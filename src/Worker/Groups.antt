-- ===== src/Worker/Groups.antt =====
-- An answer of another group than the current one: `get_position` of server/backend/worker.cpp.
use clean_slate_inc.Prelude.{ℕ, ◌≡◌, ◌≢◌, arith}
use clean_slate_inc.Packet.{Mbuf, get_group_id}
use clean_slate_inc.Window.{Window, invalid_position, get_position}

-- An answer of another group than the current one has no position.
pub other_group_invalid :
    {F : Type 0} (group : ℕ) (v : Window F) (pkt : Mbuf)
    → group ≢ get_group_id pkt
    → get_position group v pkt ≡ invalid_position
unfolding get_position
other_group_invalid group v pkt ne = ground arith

-------------------------

Instructions to follow:
Each record above should be returned exactly as written.

Task answer:
filename src/Worker/Groups.antt
-- ===== src/Worker/Groups.antt =====
-- An answer of another group than the current one: `get_position` of server/backend/worker.cpp.
use clean_slate_inc.Prelude.{ℕ, ◌≡◌, ◌≢◌, arith}
use clean_slate_inc.Packet.{Mbuf, get_group_id}
use clean_slate_inc.Window.{Window, invalid_position, get_position}

-- An answer of another group than the current one has no position.
pub other_group_invalid :
    {F : Type 0} (group : ℕ) (v : Window F) (pkt : Mbuf)
    → group ≢ get_group_id pkt
    → get_position group v pkt ≡ invalid_position
unfolding get_position
other_group_invalid group v pkt ne = ground arith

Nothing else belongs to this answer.